I understand how you feel. My doctors rude, the first thing he said to me when i met him was 'why are you so fat?' I've through similar stuff like you, but on the opposite scale. I've lost quite a bit of weight, but always when i think i'm doing good, someone has to ruin my day.

I've been called fat cow, fat wh*re ect. I even had one guy tell me he wouldn't date me becausr he found my weight intimidating, although i am 16 1/2 stone, which isn't actually that big. I don't eat alot, i gained weight because of depression.

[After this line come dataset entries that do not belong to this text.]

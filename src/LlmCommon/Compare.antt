-- ===== src/LlmCommon/Compare.antt =====
-- kernel/src/llm_common.c: the order of tokens by `strcmp` is a total preorder on strings.
use choco_os.Base.{
  ℕ, ◌≡◌, ◌≢◌, inl, inr, refl, true, false, ltb, ◌==◌, List, [], ◌∷◌, arith, Bool-cases, diff,
}
use choco_os.CString.Order.{order, order_refl, AllNonzero}
use choco_os.LlmCommon.{TokenIndex, is_negative}

-- The second token does not stand before the first.
abbrev pub Le : TokenIndex → TokenIndex → Type 0
Le x y = is_negative (order y.str x.str) ≡ false

abbrev pub IsString : TokenIndex → Type 0
IsString x = AllNonzero x.str

negative-diff : (a b : ℕ) → is_negative (diff a b) ≡ ltb a b
negative-diff a b = ground arith

asym : (xs ys : List ℕ) → is_negative (order xs ys) ≡ true → is_negative (order ys xs) ≡ false
asym [] [] h = cc
asym [] (y ∷ ys) h = ground (arith, negative-diff 0 y, negative-diff y 0)
asym (x ∷ xs) [] h = ground (arith, negative-diff 0 x, negative-diff x 0)
asym (x ∷ xs) (y ∷ ys) h = elim (Bool-cases (x == y)) [
  | inl e ↦ let e' : (y == x) ≡ true = ground arith in rw e' (asym xs ys (rw e at h))
  | inr e ↦
      let e' : (y == x) ≡ false = ground arith in
      let h' : is_negative (diff x y) ≡ true = rw e at h in
      rw e' (ground (arith, negative-diff x y, negative-diff y x))
]

nothing_before : (x : ℕ) (xs : List ℕ) → x ≢ 0 → is_negative (order [] (x ∷ xs)) ≡ true
nothing_before x xs h = ground (arith, negative-diff 0 x)

trans :
    (zs ys xs : List ℕ)
    → AllNonzero ys
    → AllNonzero xs
    → is_negative (order zs ys) ≡ false
    → is_negative (order ys xs) ≡ false
    → is_negative (order zs xs) ≡ false
trans [] [] xs n k h h' = h'
trans [] (y ∷ ys) xs n k h h' = ground (arith, nothing_before y ys n.0)
trans (z ∷ zs) ys [] n k h h' = ground (arith, negative-diff z 0)
trans (z ∷ zs) [] (x ∷ xs) n k h h' = ground (arith, nothing_before x xs k.0)
trans (z ∷ zs) (y ∷ ys) (x ∷ xs) n k h h' =
    ground (arith, trans zs ys xs n.1 k.1, negative-diff z y, negative-diff y x, negative-diff z x)

pub Le_refl : (x : TokenIndex) → Le x x
Le_refl x = rw (order_refl x.str) refl

pub Le_trans : (x y z : TokenIndex) → IsString x → IsString y → Le x y → Le y z → Le x z
Le_trans x y z hx hy h k = trans z.str y.str x.str hy hx k h

pub Le_of_before : (x y : TokenIndex) → is_negative (order x.str y.str) ≡ true → Le x y
Le_of_before x y h = asym x.str y.str h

Just remember that no one can make you feel inferior, you know what you are and who you are better than anyone else. Just let the comments slide off your shoulders like water. Take a deep breath and move on, roll your eyes and scoff, because obviously they're blind.


----------



## DeeperUnderstanding (May 19, 2007)

How could that possibly be fat? I'm fat, because I have a big beer belly. 

You are not fat.


----------



## CowGoMoo (Apr 14, 2013)

5'1 115lbs.. One of my ex gf's was exactly that weight and height and I always thought she was skinny. I've seen her naked and everything, and didn't ever notice an ounce of fat. You are not fat.


----------



## nubly (Nov 2, 2006)

Very hypocritical of you OP. In a thread in the voting section you were making fun of overweight people. Someone else called you out on it and you said it wouldn't bother you if someone made fun of you. You know what they say about karma.


----------



## Farideh (Nov 13, 2011)

nubly said:


> Very hypocritical of you OP. In a thread in the voting section you were making fun of overweight people. Someone else called you out on it and you said it wouldn't bother you if someone made fun of you. You know what they say about karma.


But I am not even fat,therefor, my coworker did not have the right to call me that. I am at a very healthy weight. that is why this is a problem for me.


----------



## prettyful (Mar 14, 2013)

that doesnt sound fat


----------



## ToeSnails (Jul 23, 2013)

tilo brown eyes said:


> I am 16 1/2 stone, which isn't actually that big. I don't eat alot, i gained weight because of depression.


You gained weight because of depression? 
Expand please


----------



## Mittens76 (Feb 12, 2014)

Your reply to nubly :



Paloma M said:


> But I am not even fat,therefor, my coworker did not have the right to call me that. I am at a very healthy weight. that is why this is a problem for me.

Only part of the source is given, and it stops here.